Parameter-Dependent conditional Generative Adversarial Network (PDcGAN) Model for Multi-Phase Flow Prediction
Published in Undergraduate Research Project, 2022
Development of Parameter Dependent conditional Generative Adversarial Network (PDcGAN) Model for Multi-Phase Flow Prediction Machine learning and artificial intelligence (ML/AI) techniques have had a significant impact on various scientific and engineering fields by uncovering new insights from data or predicting previously untested properties.

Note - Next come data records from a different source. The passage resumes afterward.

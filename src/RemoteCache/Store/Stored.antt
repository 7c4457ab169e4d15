-- ===== src/RemoteCache/Store/Stored.antt =====
-- What `put_blob` stores within the limit is what `has_blobs` and `blob` find then.
use tine.Base.{
  ◌+◌, ◌≤◌, ◌≡◌, refl, ap, ◌∙◌, true, Option, none, some, List, [], ◌∷◌, Bytes, length, ◌==◌,
  same_bytes, same_bytes_refl, arith, inl, inr, Bool-cases, leb, ℕ, suc,
}
use tine.Base.Text.{Text}
use tine.RemoteCache.Outcome.{Result, ok}
use tine.RemoteCache.Exec.{continue}
use tine.RemoteCache.Reapi.Digest.{Digest}
use tine.RemoteCache.Signing.Envelope.{is_sha256_hex}
use tine.RemoteCache.Store.Table.{find, upsert, find-upsert_here}
use tine.RemoteCache.Store.State.{Platform, File, Store, now, path, present}
use tine.RemoteCache.Store.Filed.{
  Filed, hashes, store_rows, arriving_bytes, check_blob, check_blobs,
}
use tine.RemoteCache.Store.Evict.{evict}
use tine.RemoteCache.Store.Rows.{Which, blob_row, result_row, delete_row, delete_rows, evict_rows}
use tine.RemoteCache.Store.Blobs.{
  write_files, file_rows, put_blobs, put_blob, use_blob, has_blobs, blob, used_if, serve,
}
use tine.RemoteCache.Store.Presence.{content_of, content_at}

delete_rows-files : (going : List Which) (s : Store) → (delete_rows going s).files ≡ s.files
unfolding delete_rows delete_row
delete_rows-files [] s = refl
delete_rows-files (blob_row seen one ∷ going) s =
    delete_rows-files going (delete_row (blob_row seen one) s)
delete_rows-files (result_row seen one ∷ going) s =
    delete_rows-files going (delete_row (result_row seen one) s)

evict_rows-files : (s : Store) → (evict_rows s).files ≡ s.files
unfolding evict_rows
evict_rows-files s = elim (Bool-cases (leb (length s.blobs + length s.results) s.max_rows)) [
  | inl e ↦ rw e refl
  | inr e ↦ rw e (delete_rows-files _ s)
]

module _ (p : Platform) where
  evict-same :
      (arriving : ℕ) (keeping : List Text) (s : Store)
      → s.held + arriving ≤ s.max_bytes
      → evict p arriving keeping s ≡ (ok tt, s)
  unfolding evict
  evict-same arriving keeping s h =
      let fits : leb (s.held + arriving) s.max_bytes ≡ true = ground (arith, h) in rw fits refl

  path_of : (hash : Text) → is_sha256_hex hash ≡ true → path hash ≡ ok hash
  unfolding path
  path_of hash h = rw h refl

  -- The store once one blob is written and its row is filed, before rows are evicted.
  abbrev filed : Digest → Bytes → Option Text → Store → Store
  filed digest content bundle s =
      let new : File = record { content = content; used = p.time s.readings } in
      record s {
        held = s.held + arriving_bytes ((digest, content) ∷ []) s;
        readings = suc (suc s.readings);
        files = upsert digest.hash new (λ _. new) s.files;
        blobs = store_rows ((digest, content) ∷ []) bundle (p.time (suc s.readings)) s.blobs;
      }

  arriving-bound :
      (digest : Digest) (content : Bytes) (s : Store)
      → arriving_bytes ((digest, content) ∷ []) s ≤ digest.size_bytes
  unfolding arriving_bytes
  arriving-bound digest content s = elim (Bool-cases (present digest.hash s)) [
    | inl e ↦ rw e (omega arith)
    | inr e ↦ rw e (omega arith)
  ]

  put_blob-filed :
      (digest : Digest) (content : Bytes) (bundle : Option Text) (s : Store)
      → is_sha256_hex digest.hash ≡ true
      → p.sha256 content ≡ digest.hash
      → length content ≡ digest.size_bytes
      → s.held + digest.size_bytes ≤ s.max_bytes
      → put_blob p digest content bundle s ≡ (ok tt, evict_rows (filed digest content bundle s))
  unfolding put_blob put_blobs check_blobs check_blob write_files file_rows now arriving_bytes
      present
  put_blob-filed digest content bundle s hex right sized room =
      let one : Filed = (digest, content) ∷ [] in
      let same : same_bytes (p.sha256 content) digest.hash ≡ true =
        rw right (same_bytes_refl digest.hash) in
      let long : (length content == digest.size_bytes) ≡ true = ground (arith, sized) in
      let bound = arriving-bound digest content s in
      let before : evict p (arriving_bytes one s) (hashes one) s ≡ (ok tt, s) =
        evict-same (arriving_bytes one s) (hashes one) s (omega (arith, bound, room)) in
      let left = filed digest content bundle s in
      let after : evict p 0 [] left ≡ (ok tt, left) =
        evict-same 0 [] left (omega (arith, bound, room)) in
      rw (same, long, before, path_of digest.hash hex)
        (ap
          (λ (r : Result (Unit {0}) × Store).
            continue r.0 (λ nothing left. (ok tt, evict_rows left)) r.1)
          after)

  -- A blob that is what its digest says, where there is room for it, is stored.
  pub put_blob-stores :
      (digest : Digest) (content : Bytes) (bundle : Option Text) (s : Store)
      → is_sha256_hex digest.hash ≡ true
      → p.sha256 content ≡ digest.hash
      → length content ≡ digest.size_bytes
      → s.held + digest.size_bytes ≤ s.max_bytes
      → (left : Store) × (put_blob p digest content bundle s ≡ (ok tt, left))
        × (content_at digest.hash left ≡ some content)
  put_blob-stores digest content bundle s hex hashes sized room =
      let new : File = record { content = content; used = p.time s.readings } in
      (
        evict_rows (filed digest content bundle s),
        put_blob-filed digest content bundle s hex hashes sized room,
        ap (λ f. content_of (find digest.hash f)) (evict_rows-files (filed digest content bundle s))
            ∙ ap content_of (find-upsert_here digest.hash new s.files),
      )

  told :
      (d : Digest) (content : Bytes) (s : Store) (f : Option File)
      → content_of f ≡ some content
      → length content ≡ d.size_bytes
      → (used_if p d d.hash f s).0 ≡ ok true
  unfolding now
  told d content s none at sized = absurd (cc)
  told d content s (some f) at sized =
      let same : f.content ≡ content = cc in
      let long : (length f.content == d.size_bytes) ≡ true = rw same (ground (arith, sized)) in
      rw long refl

  served :
      (d : Digest) (content : Bytes) (s : Store) (f : Option File)
      → content_of f ≡ some content
      → p.sha256 content ≡ d.hash
      → (serve p d d.hash f s).0 ≡ ok (some content)
  unfolding now
  served d content s none at hashes = absurd (cc)
  served d content s (some f) at hashes =
      let same : f.content ≡ content = cc in
      let right : same_bytes (p.sha256 f.content) d.hash ≡ true =
        rw (same, hashes) (same_bytes_refl d.hash) in
      rw (right, same) refl

  -- What stands under the hash at the size of its digest is told to be here, and is served.
  pub has_blobs-stored :
      (d : Digest) (content : Bytes) (s : Store)
      → is_sha256_hex d.hash ≡ true
      → content_at d.hash s ≡ some content
      → length content ≡ d.size_bytes
      → (has_blobs p (d ∷ []) s).0 ≡ ok (true ∷ [])
  unfolding has_blobs use_blob now
  has_blobs-stored d content s hex at sized =
      rw (path_of d.hash hex, told d content s (find d.hash s.files) at sized) refl

  pub blob-stored :
      (d : Digest) (content : Bytes) (s : Store)
      → is_sha256_hex d.hash ≡ true
      → content_at d.hash s ≡ some content
      → p.sha256 content ≡ d.hash
      → (blob p d s).0 ≡ ok (some content)
  unfolding blob
  blob-stored d content s hex at hashes =
      rw (path_of d.hash hex) (served d content s (find d.hash s.files) at hashes)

Deep learning, particularly in the form of artificial neutral networks, has been instrumental in the successes of ML/AI. Our research focuses on developing a deep learning framework using a conditional Generative Adversarial Network (cGAN) to predict the complex spray and air-fuel mixing in gasoline direct-injection (GDI) engines. This has been a major challenge due to the complicated two-phase flow dynamics involved. Our Parameter Dependent cGAN (PDcGAN) predicts the fuel’s 3D shape based solely on its sprayed condition and fuel property. Our training dataset consists of nine different fuels sprayed through multi-hole injectors 100 times each and projected into a combustion chamber. The projected images are acquired from three different camera angles and later used for 3D reconstruction as post-processing. These images are converted to pixel intensity data based on physically quantitative projected liquid volume (PLV) and separated into a training and validation set before training with the PDcGAN algorithm implemented in MATLAB. After extensive training on a GPU, the model can predict the morphology of fuels not included in the training data. Our research has identified optimal parameters and network architecture that yield an average test set error of around 10-15%. While this error rate may be considered high for practical use, it is important to note that engineers typically spend three hours using CFD (computational fluid dynamics) to predict the shape of a single fuel, requiring significant computational resources. In contrast, our trained algorithm, PDcGAN, provides results in seconds, making it a more efficient solution for engineers without access to supercomputing resources. We anticipate that the model’s accuracy will continue to improve as we expand the dataset to include a wider range of fuels.